-------- Recorded data

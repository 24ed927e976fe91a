-- ===== src/Cm/Control.antt =====
-- crates/pnio/src/cm/control.rs: PrmEnd, ApplicationReady and Release.
pub mod RoundTrip
use pnio_rs.Prelude.{ℕ, Bool, ◌||◌, not, ◌==◌, Bytes, length, List, [], ◌++◌, be16}
use pnio_rs.Prelude.{Result, ok, err, ◌>>=◌, ◌>>◌, fail_if, map_err}
use pnio_rs.Rpc.Drep.{big}
use pnio_rs.Rpc.Uuid.{Uuid}
use pnio_rs.Rpc.Uuid
use pnio_rs.Cm.Status.{PnioStatus}
use pnio_rs.Cm.Block.{BlockError, unexpected_type, malformed}
use pnio_rs.Cm.Block
use pnio_rs.Cm.Control.Body.{ControlFields, parse_fields}
pub mod Body

-- crates/pnio/src/cm/mod.rs: `CmError`
pub data CmError : Type 0 where
  block_error : BlockError → CmError
  reject : PnioStatus → CmError

abbrev pub iod_control_req_prm_end : ℕ
iod_control_req_prm_end = 0x0110

abbrev pub iox_block_req_app_ready : ℕ
iox_block_req_app_ready = 0x0112

abbrev pub release_block_req : ℕ
release_block_req = 0x0114

abbrev pub iod_control_res_prm_end : ℕ
iod_control_res_prm_end = 0x8110

abbrev pub iox_block_res_app_ready : ℕ
iox_block_res_app_ready = 0x8112

abbrev pub release_block_res : ℕ
release_block_res = 0x8114

-- `cmd::PRM_END`, `cmd::APPLICATION_READY` and `cmd::DONE`
abbrev pub prm_end : ℕ
prm_end = 0x0001

abbrev pub application_ready : ℕ
application_ready = 0x0002

abbrev pub done : ℕ
done = 0x0008

abbrev pub body_len : ℕ
body_len = 26

pub record ControlBlock : Type 0 where
  pub block_type : ℕ
  pub ar_uuid : Uuid
  pub session_key : ℕ
  pub command : ℕ
  pub properties : ℕ

unfoldable pub is_control_type : ℕ → Bool
is_control_type t =
    t == iod_control_req_prm_end
    || (t == iod_control_res_prm_end
        || (t == iox_block_req_app_ready
            || (t == iox_block_res_app_ready
                || (t == release_block_req || t == release_block_res))))

abbrev with_type : ℕ → ControlFields → ControlBlock
with_type t f = record {
  block_type = t;
  ar_uuid = f.ar_uuid;
  session_key = f.session_key;
  command = f.command;
  properties = f.properties;
}

unfoldable pub parse : Bytes → Result CmError ControlBlock
parse blocks = do
  (header, body) ← map_err block_error (Block.parse blocks)
  fail_if (not (is_control_type header.block_type))
      (block_error (unexpected_type iod_control_req_prm_end header.block_type))
  fail_if (not (length body == body_len)) (block_error (malformed "control block body length"))
  fields ← map_err block_error (parse_fields body)
  ok (with_type header.block_type fields)

unfoldable pub write : ControlBlock → Bytes
write b =
    Block.write b.block_type body_len
    ++ (be16 0
        ++ (Uuid.write b.ar_uuid big
            ++ (be16 b.session_key ++ (be16 0 ++ (be16 b.command ++ be16 b.properties)))))

unfoldable pub prm_end_done : ControlBlock → ControlBlock
prm_end_done req = record {
  block_type = iod_control_res_prm_end;
  ar_uuid = req.ar_uuid;
  session_key = req.session_key;
  command = done;
  properties = 0;
}

unfoldable pub app_ready_req : Uuid → ℕ → ControlBlock
app_ready_req ar_uuid session_key = record {
  block_type = iox_block_req_app_ready;
  ar_uuid = ar_uuid;
  session_key = session_key;
  command = application_ready;
  properties = 0;
}

unfoldable pub release_done : ControlBlock → ControlBlock
release_done req = record {
  block_type = release_block_res;
  ar_uuid = req.ar_uuid;
  session_key = req.session_key;
  command = done;
  properties = 0;
}
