-- ===== src/Cm/Write/Fields.antt =====
-- crates/pnio/src/cm/write.rs: the fields of a write request's block.
use pnio_rs.Prelude.{ℕ, Bytes, Result}
use pnio_rs.Rpc.Uuid.{Uuid}
use pnio_rs.Cm.Block.{BlockError}
use pnio_rs.Cm.Cursor.{Reader, ◌>>=◌, pure, run, u16, u32, bytes, uuid}

pub record WriteFields : Type 0 where
  pub seq : ℕ
  pub ar_uuid : Uuid
  pub api : ℕ
  pub slot : ℕ
  pub subslot : ℕ
  pub index : ℕ
  pub record_data_length : ℕ

read_fields : Reader WriteFields
read_fields = do
  seq ← u16
  ar_uuid ← uuid
  api ← u32
  slot ← u16
  subslot ← u16
  pad ← u16
  index ← u16
  record_data_length ← u32
  padding ← bytes 24
  pure (record {
    seq = seq;
    ar_uuid = ar_uuid;
    api = api;
    slot = slot;
    subslot = subslot;
    index = index;
    record_data_length = record_data_length;
  })

unfoldable pub parse_fields : Bytes → Result BlockError WriteFields
unfolding read_fields
parse_fields body = run read_fields body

----------------

**Problem details:** Search the listing above for the lines with "pub properties : ℕ" and "block_type = t;", then output those lines and all lines between them exactly.

**Solution:**
  pub properties : ℕ

unfoldable pub is_control_type : ℕ → Bool
is_control_type t =
    t == iod_control_req_prm_end
    || (t == iod_control_res_prm_end
        || (t == iox_block_req_app_ready
            || (t == iox_block_res_app_ready
                || (t == release_block_req || t == release_block_res))))

abbrev with_type : ℕ → ControlFields → ControlBlock
with_type t f = record {
  block_type = t;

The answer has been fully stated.